Scientists have developed a new silicon biosensor that promises to dramatically speed up medical diagnostics, by detecting multiple proteins in a single micro-scale sample of a patient’s blood. The researchers at the University of York, UK, say it will reduce healthcare costs, avoid the need for patients to make several trips to the clinic – and ‘increase the chances of a successful and timely diagnosis’.
‘Current blood tests use laboratory methods [such as ELISA or Western blot] to detect the presence of specific biomarkers – proteins, antibodies or DNA,’ says PhD student Jose Juan-Colás. ‘These immunoassays are designed for one biomarker at a time, which means that in order to test the presence of X biomarkers, X immunoassays are required.’
The group’s new biosensor is different as it is capable of detecting a wide range of biomarkers all at the same time and in the same sample. It is the first silicon biosensor to harness both the optical and electrochemical properties of silicon, Juan-Colás says, and comprises nm-scale devices that all resonate at a specific optical frequency. These devices are light sensitive; when the environment around them changes, the local speed of light varies, and thus the resonant frequency is altered, he explains.
‘The novelty of our device is that, by exploiting its electrical properties, we have been able to individually modify the surface of each of these devices so that each of them can be sensitive, for example, to a different protein. In this way, when the protein is immobilised to the surface, it leads to a change in the resonance frequency.’
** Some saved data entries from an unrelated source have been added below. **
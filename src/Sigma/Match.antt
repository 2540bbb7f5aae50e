-- ===== src/Sigma/Match.antt =====
-- internal/sigma/sigma.go: what a rule's match depends on.
use mathlib.Core.List.{Permᴰ}
use aegis_edr.Prelude.{
  String, false, List, [], ◌∷◌, ◌++◌, map, ◌==◌, string_eq, ◌≡◌, refl, sym, ap, ◌∙◌, arith,
  Bool-cases, inl, inr,
}
use aegis_edr.Sigma.{
  Rule, Engine, EventMap, Value, scalar, no_text, field_matches, detection_matches,
  category_matches, rule_matches, evaluate, evaluate_rules,
}

module _ (event_map : EventMap) where
  detection_matches_perm :
      {before after : List (String × Value)}
      → Permᴰ before after
      → detection_matches event_map before ≡ detection_matches event_map after
  unfolding detection_matches
  detection_matches_perm Permᴰ.nil = refl
  detection_matches_perm (Permᴰ.cons {a = (key, val)} same p) =
      ground (arith, detection_matches_perm p)
  detection_matches_perm (Permᴰ.swap same₁ same₂) = rw (sym same₁, sym same₂) (ground arith)
  detection_matches_perm (Permᴰ.trans p q) = detection_matches_perm p ∙ detection_matches_perm q

  -- The rules with their detections in another order.
  abbrev pub reordered : (Rule → List (String × Value)) → Rule → Rule
  reordered order rule = record rule { detection = record { entries = order rule } }

  evaluate_rules_order :
      (rules : List Rule) (order : Rule → List (String × Value))
      → ((rule : Rule) → Permᴰ rule.detection.entries (order rule))
      → evaluate_rules event_map (map (reordered order) rules) ≡ evaluate_rules event_map rules
  unfolding evaluate_rules rule_matches category_matches
  evaluate_rules_order [] order perm = refl
  evaluate_rules_order (rule ∷ rules) order perm =
      ground (arith, evaluate_rules_order rules order perm, detection_matches_perm (perm rule))

  -- The titles that match do not depend on the orders in which the loops meet the detections' keys.
  pub evaluate_order :
      (e : Engine) (order : Rule → List (String × Value))
      → ((rule : Rule) → Permᴰ rule.detection.entries (order rule))
      → evaluate (record { rules = map (reordered order) e.rules }) event_map ≡ evaluate e event_map
  unfolding evaluate
  evaluate_order e order perm = evaluate_rules_order e.rules order perm

  nested_fails :
      (before after : List (String × Value)) (key : String)
      → (key == "condition") ≡ false
      → detection_matches event_map (before ++ (key, scalar no_text) ∷ after) ≡ false
  unfolding detection_matches field_matches
  nested_fails [] after key other = ground (arith, other)
  nested_fails ((k, v) ∷ before) after key other =
      ground (arith, nested_fails before after key other)

  evaluate_rules-append :
      (rules more : List Rule)
      → evaluate_rules event_map (rules ++ more)
        ≡ evaluate_rules event_map rules ++ evaluate_rules event_map more
  unfolding evaluate_rules
  evaluate_rules-append [] more = refl
  evaluate_rules-append (rule ∷ rules) more = elim (Bool-cases (rule_matches event_map rule)) [
    | inl matched ↦ rw matched (ap (◌∷◌ rule.title) (evaluate_rules-append rules more))
    | inr failed ↦ rw failed (evaluate_rules-append rules more)
  ]

  unmatched :
      (rule : Rule) (more : List Rule)
      → detection_matches event_map rule.detection.entries ≡ false
      → evaluate_rules event_map (rule ∷ more) ≡ evaluate_rules event_map more
  unfolding evaluate_rules rule_matches
  unmatched rule more failed = ground (arith, failed)

  -- A rule of which some detection entry other than "condition" is neither a text nor a list, such as
  -- a map of fields under "selection", matches no event: an engine evaluates as if it had no such
  -- rule.
  pub evaluate_nested :
      (rules more : List Rule) (rule : Rule) (before after : List (String × Value)) (key : String)
      → rule.detection.entries ≡ before ++ (key, scalar no_text) ∷ after
      → (key == "condition") ≡ false
      → evaluate (record { rules = rules ++ rule ∷ more }) event_map
        ≡ evaluate (record { rules = rules ++ more }) event_map
  unfolding evaluate
  evaluate_nested rules more rule before after key nested other =
      evaluate_rules-append rules (rule ∷ more)
      ∙ ap (λ titles. evaluate_rules event_map rules ++ titles)
          (unmatched rule more (rw nested (nested_fails before after key other)))
      ∙ sym (evaluate_rules-append rules more)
The key to developing the new sensor has been to overcome ‘the apparent conflict between the optical and electrical properties of the material,’ the York researchers write in a paper in Nature Communications (doi:10.1038/ncomms12769); electrochemistry requires materials of high conductivity, while ideal photonic materials exhibit low conductivity. The researchers were able to overcome this challenge by adding trace impurity elements or ‘dopants’ to a thin layer of silicon on the device surface to make it sufficiently electrochemically conducting to graft onto it various molecular probes, yet thin enough to minimise optical resonances in the underlying device structure.
They demonstrated that their biosensor works by selectively functionalising the component devices with a range of different probe molecules, initially an electrochemical probe, and then using it to detect and monitor two particular single stranded DNA sequences in parallel.
While the initial paper demonstrated its use for detection DNA bioconjugation, Juan-Colás points out that the technology is generic and can also be used for the detection of a range of substances, including enzymes and other proteins.
The group is now looking to test urine samples for urinary tract infections (UTIs), which have a high resistance to antibiotic development. If the biosensor can identify biomarkers of the infection and of resistance, the correct course of antibiotic treatment is more likely to be prescribed the first time around, rather than on repeat visits as is often currently the case with UTIs.
‘We are trying to identify what the limits of our sensor technology are in terms of the number of substances it can simultaneously detect,’ Juan-Colás says. ‘The fabrication of these silicon sensors can be performed using standard processes. This technology could enable the realisation of cheap and precise point-of-care devices that one can use at the patient’s bedside.’